# Ford 4000 Black Goo



## oldmanfarmer (Mar 24, 2016)

I've recently purchased this tractor and thought I had the bugs worked out but now I may have a serious problem?

I have only been able to use the tractor 2 days for an hour or 2 at a time since I got it till yesterday when I used it for 5 hours. When I parked it I noticed some black stuff on the side of the engine and didn't think twice about it (black stuff Pic#1).

The next day I used it with a bush mower for about 3 hours and it started to smoke from the lower part of the tractor(could be from belt since I was in tall brush and may have caused slippage I thought) but stopped as soon as i let up on it. I pulled to the side and kept it running, PTO off and it was running fine.
I parked it and noticed more black stuff.
PIC#2,#3. Notice PIC#4 exhaust pipe with muffler removed is covered with all that black oil/gas stuff.

I removed the muffler and hood and found even more blown all over. PICs #5,#6.

I think its a lifter or something but its not knocking nor running rough.

I didn't notice the black stuff in the or around the muffler before. 

The black stuff was there before it smoked and only smoked for a few seconds when I was in tall weeds and pushing it in 3rd gear.

The temp gauge is normal never hot. Need to check it to make sure it is working. 

The coolant I noticed is full antifreeze dose not seem to be mixed with water(need to correct that). 

I have noticed each night there is a few drops of coolant on the floor right under the bell housing where the motor meets the transmission. But only a few drops and cant pin point where it is coming from exactly and wasn't concerned since it never over heated or got hot and the fluid level was the same. The oil is clear.

Any Ideas?

I have a lot of work to do and more is backing up every day.


----------



## sixbales (May 18, 2011)

Hey oldmanfarmer,

We country bumpkins call that "diesel slobbering". The more technical term is "wet stacking". It is caused by not working the tractor hard enough/not getting the engine hot enough to burn off the diesel residue. 

I know you have done a lot of engine work on your tractor.
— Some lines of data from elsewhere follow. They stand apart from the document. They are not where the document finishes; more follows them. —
-- ===== src/Net/Server.antt =====
-- The servers: net/net.go, net/tcp/tcp.go, net/http/http.go and net/register/register.go. `F` is what
-- makes the session of a connection.
pub mod Accepts
use golang_tools.Base.{
  ℕ, if◌then◌else◌, ◌==◌, Bool, true, false, List, [], ◌∷◌, ◌++◌, Option, none, some,
}
use golang_tools.Base.Int.{ℤ, pos, negsuc}
use golang_tools.Base.Run.{Run, done, panic, after, nil_pointer, nil_call}
use golang_tools.Base.Texts.{Text, text_eq}

-- Tcp. `listener` is none before Run.
pub record Tcp (F : Type 0) : Type 0 where
  pub addr : Text
  pub protocol : Text
  pub listener : Option Bool
  pub new_session_func : Option F

-- Http. `routes` are those of the gin engine, none before SetAddr.
pub record Http (F : Type 0) : Type 0 where
  pub addr : Text
  pub protocol : Text
  pub routes : Option (List Text)
  pub new_session_func : Option F

-- What Accept of the listener returns: a connection, or an error, with a connection that may be nil.
pub data Accepted (C : Type 0) : Type 0 where
  connection : C → Accepted C
  error : Option C → Accepted C

-- How Run of Tcp goes: it returns an error, panics, or waits in Accept; with the connections for which it
-- has made a session and started the goroutines.
pub data Served (C : Type 0) : Type 0 where
  not_listening : Served C
  crashed waiting : List C → Served C

abbrev pub with_served : {C : Type 0} → C → Served C → Served C
with_served c not_listening = not_listening
with_served c (crashed cs) = crashed (c ∷ cs)
with_served c (waiting cs) = waiting (c ∷ cs)

-- The loop of Run on what Accept returns; a nil NewSessionFunc is `none`. For an error the message asks the
-- connection for its address.
unfoldable pub accept_loop : {F C : Type 0} → Option F → List (Accepted C) → Served C
accept_loop f [] = waiting []
accept_loop none (connection c ∷ more) = crashed []
accept_loop (some f) (connection c ∷ more) = with_served c (accept_loop (some f) more)
accept_loop f (error none ∷ more) = crashed []
accept_loop f (error (some c) ∷ more) = accept_loop f more

unfoldable pub run_tcp : {F C : Type 0} → Bool → List (Accepted C) → Tcp F → Tcp F × Served C
run_tcp listens accepts t =
    if listens
    then (record t { listener = some true }, accept_loop t.new_session_func accepts)
    else (record t { listener = none }, not_listening)

-- Stop of Tcp; Stop of Http does nothing.
unfoldable pub stop_tcp : {F : Type 0} → Tcp F → Run (Tcp F) (Unit {0})
stop_tcp t = elim t.listener [
  | none ↦ panic nil_pointer t
  | some still ↦ done (record t { listener = some false }) tt
]

unfoldable pub set_addr_tcp : {F : Type 0} → Text → Text → Option F → Tcp F → Tcp F
set_addr_tcp addr protocol f t = record t { addr = addr; protocol = protocol; new_session_func = f }

unfoldable pub set_addr_http : {F : Type 0} → Text → Text → Option F → Http F → Http F
set_addr_http addr protocol f h = record h {
  addr = addr;
  protocol = protocol;
  new_session_func = f;
  routes = some [];
}

-- `/ws`
abbrev pub ws_route : Text
ws_route = 47 ∷ 119 ∷ 115 ∷ []

-- wsHandler: `upgrade` is what Upgrade returns, none for its error, upon which the answer is NotFound. A
-- connection gets a session and the three goroutines, unless NewSessionFunc is nil.
unfoldable pub ws_handler : {F C : Type 0} → Http F → Option C → List C → Run (List C) Bool
ws_handler h none served = done served false
ws_handler h (some c) served = elim h.new_session_func [
  | none ↦ panic nil_call served
  | some f ↦ done (served ++ (c ∷ [])) true
]

-- Run of Http, up to Run of the engine.
unfoldable pub run_http : {F : Type 0} → Http F → Run (Http F) (Unit {0})
run_http h = elim h.routes [
  | none ↦ panic nil_pointer h
  | some rs ↦ done (record h { routes = some (rs ++ (ws_route ∷ [])) }) tt
]

-- `tcp` and `http`
abbrev pub tcp_name : Text
tcp_name = 116 ∷ 99 ∷ 112 ∷ []

abbrev pub http_name : Text
http_name = 104 ∷ 116 ∷ 116 ∷ 112 ∷ []

-- mapProtol has one Tcp and one Http for the whole process.
pub record Protocols (F : Type 0) : Type 0 where
  pub tcp : Tcp F
  pub http : Http F

-- The pointer that InitServer returns.
pub data Server : Type 0 where
  tcp_server http_server : Server

unfoldable pub init_server :
    {F : Type 0} → Text → Text → Option F → Protocols F → Run (Protocols F) Server
init_server addr protocol f ps =
    if text_eq protocol tcp_name
    then done (record ps { tcp = set_addr_tcp addr protocol f ps.tcp }) tcp_server
    else if text_eq protocol http_name
    then done (record ps { http = set_addr_http addr protocol f ps.http }) http_server
    else panic nil_pointer ps

abbrev pub eq_ℤ : ℤ → ℤ → Bool
eq_ℤ (pos a) (pos b) = a == b
eq_ℤ (pos a) (negsuc b) = false
eq_ℤ (negsuc a) (pos b) = false
eq_ℤ (negsuc a) (negsuc b) = a == b

-- MapIDFunc: the functions act upon `W`.
unfoldable pub register_event :
    {W : Type 0}
    → ℤ
    → (List ℕ → W → W)
    → (ℤ → Option (List ℕ → W → W))
    → ℤ
    → Option (List ℕ → W → W)
register_event event_id call_back m i = if eq_ℤ i event_id then some call_back else m i

unfoldable pub call_event :
    {W : Type 0} → ℤ → List ℕ → (ℤ → Option (List ℕ → W → W)) → W → Run W (Unit {0})
call_event event_id args m w = elim (m event_id) [
  | none ↦ panic nil_call w
  | some call_back ↦ done (call_back args w) tt
]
You may be letting the engine idle too much, or simply puttering around too much. Put it to work. Diesels like hard work. I guarantee you my diesel doesn't slobber! Run that bush hog at 1800-2000 engine rpm.


----------



## oldmanfarmer (Mar 24, 2016)

Man that's a relief. :elephant::elephant:

Do you have any ideas why there are coolant drops under it each night?


----------



## HarveyW (Sep 15, 2014)

If the coolant is leaking out of the weep hole at the bottom of the bell housing, you have a leaking freeze plug in the block behind the clutch. You have to split the tractor, remove the clutch and flywheel to get to this plug. You might consider adding a can of "stop-leak" to the coolant. Or live with it as long as it is not a major leak.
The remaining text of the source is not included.